Пассажирка взглянула, наконец, на него:
— Представляться не нужно, надеюсь?
— Давайте проверим, — сказал Хайдаров. — Вы — доктор Марта Стоник. Физик?
— Химфизик, специалистка по ударным волнам. Институт Систем Жизнеобеспечения, Луна-Северная.
— Полетите вы с Марса.
— Тонко подмечено, — сказала Марта Стоник,
— Летали на испытания систем? Всегда завидовал вашей службе…
— Ах, вот так… Я всегда завидовала вашей.
— Почему?
— Э, сначала вы объясните, почему.
— Пожалуйста, — сказал Хайдаров. — Я делю цели на первичные и вторичные. Вот, скажем, наша служба. Мы…

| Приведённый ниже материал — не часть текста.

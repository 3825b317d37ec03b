-- ===== src/Kernel/Outbox/Outcome.antt =====
-- How the processing of a message ends.
use aiya_cms.Prelude.{
  subst, ℕ, ◌+◌, ◌<◌, ◌≤◌, ◌≡◌, ◌∙◌, ◌⊎◌, refl, sym, ap, String, true, Option, none, some, arith,
  Bool-cases, inl, inr, str_eq, eq_option, eq_refl, ◌&&◌,
}
use aiya_cms.Prelude.Table.{get, put, get-put_self, key-get}
use aiya_cms.Kernel.Errors.{RetryCategory, permanent, Raised, classify_retry}
use aiya_cms.Kernel.Retry.{RetryPolicy, should_retry, next_attempt_delay}
use aiya_cms.Kernel.Lease.{pending, claimed, finished, dead, eq_status, LeasedRow, row_id}
use aiya_cms.Kernel.Lease.Claims.{HeldBy}
use aiya_cms.Kernel.Outbox.{
  mark, delivered, retried, buried, mark_delivered, mark_retry, mark_dead, Database, Dispatcher,
  Moment, run_handlers, mark_fresh, conclude, held, standing, process,
}

-- How a processed message ends: delivered, or dead with one more attempt, or waiting for the next
-- attempt, which the policy allows and which is not before the failure.
abbrev pub Ended : RetryPolicy → ℕ → LeasedRow → LeasedRow → Type 0
Ended policy failed_at m r =
    (r.lease_owner ≡ none)
    × (((r.status ≡ finished) × (r.attempts ≡ m.attempts))
        ⊎ (((r.status ≡ dead) × (r.attempts ≡ m.attempts + 1))
            ⊎ ((r.status ≡ pending)
                × (r.attempts ≡ m.attempts + 1)
                × (r.attempts < policy.max_attempts)
                × (failed_at ≤ r.due_at))))

allowed :
    (policy : RetryPolicy) (category : RetryCategory) (n : ℕ)
    → should_retry policy category n ≡ true
    → n < policy.max_attempts
unfolding should_retry
allowed policy category n h = ground arith

live_is_held :
    (owner : String) (expires now : ℕ) (r : LeasedRow)
    → HeldBy owner expires r
    → now ≤ expires
    → standing owner now (some r) ≡ held
unfolding standing
live_is_held owner expires now r h l = rw (h.0, h.1, h.2) (rw (eq_refl owner) (ground arith))

module _ {W : Type 0} where
  mark_fresh_self :
      (m : LeasedRow) (change : LeasedRow → LeasedRow) (d : Database W) (owner : String)
      (expires : ℕ)
      → ((q : LeasedRow) → (change q).id ≡ q.id)
      → get row_id m.id d.messages ≡ some m
      → HeldBy owner expires m
      → (d' : Database W) × (mark_fresh m.id (λ fresh. mark fresh change) d ≡ some d')
        × (get row_id m.id d'.messages ≡ some (change m))
  unfolding mark_fresh mark
  mark_fresh_self m change d owner expires same g h =
      let own : (eq_status m.status claimed && eq_option str_eq m.lease_owner m.lease_owner)
          ≡ true =
        rw (h.0, h.1) (eq_refl owner) in
      (
        record d { messages = put row_id (change m) d.messages },
        rw (g, mark_fresh) (rw (g, mark) (rw own refl)),
        ap (λ j. get row_id j (put row_id (change m) d.messages)) (sym (same m))
            ∙ get-put_self row_id (change m) m d.messages
                (ap (λ j. get row_id j d.messages) (same m) ∙ g),
      )

  -- The row as it is left, and how it ended.
  abbrev pub Ends : RetryPolicy → ℕ → LeasedRow → Option (Database W) → Type 0
  Ends policy failed_at m result =
      (d' : Database W) × (r : LeasedRow) × (result ≡ some d')
      × (get row_id m.id d'.messages ≡ some r)
      × Ended policy failed_at m r

  conclude-Ends :
      (env : Dispatcher W) (at : Moment) (m : LeasedRow) (failure : Option Raised) (d : Database W)
      (owner : String) (expires : ℕ)
      → get row_id m.id d.messages ≡ some m
      → HeldBy owner expires m
      → Ends env.retry_policy at.failed_at m (conclude env at m failure d)
  unfolding conclude mark_delivered mark_retry mark_dead
  conclude-Ends env at m none d owner expires g h =
      let (d', e, found) = mark_fresh_self m delivered d owner expires (λ q. refl) g h in
      (d', delivered m, e, found, (refl, inl (refl, refl)))
  conclude-Ends env at m (some x) d owner expires g h =
      let category = classify_retry x in
      elim (Bool-cases (should_retry env.retry_policy category (m.attempts + 1))) [
        | inl c ↦
            let next =
              at.failed_at
              + next_attempt_delay env.retry_policy category (m.attempts + 1) at.jitter_sample in
            let (d', e, found) =
              mark_fresh_self m (retried next category) d owner expires (λ q. refl) g h in
            (
              d',
              retried next category m,
              rw (c, conclude) e,
              found,
              (
                refl,
                inr (
                    inr (
                      refl,
                      refl,
                      allowed env.retry_policy category (m.attempts + 1) c,
                      omega arith,
                    )),
              ),
            )
        | inr c ↦
            let (d', e, found) =
              mark_fresh_self m (buried category) d owner expires (λ q. refl) g h in
            (d', buried category m, rw (c, conclude) e, found, (refl, inr (inl (refl, refl))))
      ]

  -- When the worker that holds a message, as it stands in the table, processes it before its lease is
  -- over, whatever the handlers do, the cycle goes on, and the message is released: delivered, or dead, or pending for an attempt
  -- that the retry policy still allows.
  pub process-Ends :
      (env : Dispatcher W) (owner : String) (expires : ℕ) (at : Moment) (m : LeasedRow)
      (d : Database W)
      → get row_id m.id d.messages ≡ some m
      → HeldBy owner expires m
      → at.checked_at ≤ expires
      → Ends env.retry_policy at.failed_at m (process env owner at m d)
  unfolding process mark_dead
  process-Ends env owner expires at m d g h l =
      let mine : standing owner at.checked_at (get row_id m.id d.messages) ≡ held =
        ap (standing owner at.checked_at) g ∙ live_is_held owner expires at.checked_at m h l in
      elim (Bool-cases (env.known_schema m.key)) [
        | inl k ↦
            let run = run_handlers (env.handlers_for m.key) m.subject d.world in
            rw (mine, process)
              (rw k (conclude-Ends env at m run.0 (record d { world = run.1 }) owner expires g h))
        | inr k ↦
            let (d', e, found) =
              mark_fresh_self m (buried permanent) d owner expires (λ q. refl) g h in
            (
              d',
              buried permanent m,
              rw (mine, process) (rw k e),
              found,
              (refl, inr (inl (refl, refl))),
            )
      ]

module _ {W : Type 0} where
  -- After handlers that all went through, the row of the message is marked as delivered whoever holds
  -- it by then: the owner of the claim under which they ran is not compared.
  pub conclude-delivered :
      (env : Dispatcher W) (at : Moment) (message r : LeasedRow) (d : Database W) (other : String)
      (expires : ℕ)
      → get row_id message.id d.messages ≡ some r
      → HeldBy other expires r
      → (d' : Database W) × (conclude env at message none d ≡ some d')
        × (get row_id message.id d'.messages ≡ some (delivered r))
  unfolding conclude mark_delivered
  conclude-delivered env at message r d other expires g h =
      let i = key-get row_id message.id d.messages r g in
      subst
        (λ j.
          (d' : Database W) × (mark_fresh j mark_delivered d ≡ some d')
          × (get row_id j d'.messages ≡ some (delivered r)))
        i
        (mark_fresh_self r delivered d other expires (λ q. refl)
          (ap (λ j. get row_id j d.messages) i ∙ g) h)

— Пастыри, — сказала Марта Стоник.
Я, знаете, побаиваюсь Теологических выражений. Но пусть будут пастыри. Овцам прежде всего необходимы пастбища, водопои. Овчарни, а потом уже — пастухи. Вы даете пастбища, вы — необходимы. А мы-третий эшелон.
— О Господи! И это говорит психолог!
— Очень понимаю, — с удовольствием согласился Хайдаров. — Нисколько не спорю, все изложенное могло быть изложено в семнадцатом столетни. В девятнадцатом — наверняка. Но каждый имеет право на собственные заблуждения, не правда ли? Я заблуждаюсь, и знаю это, и мало того — буду упорствовать в своих заблуждениях до конца.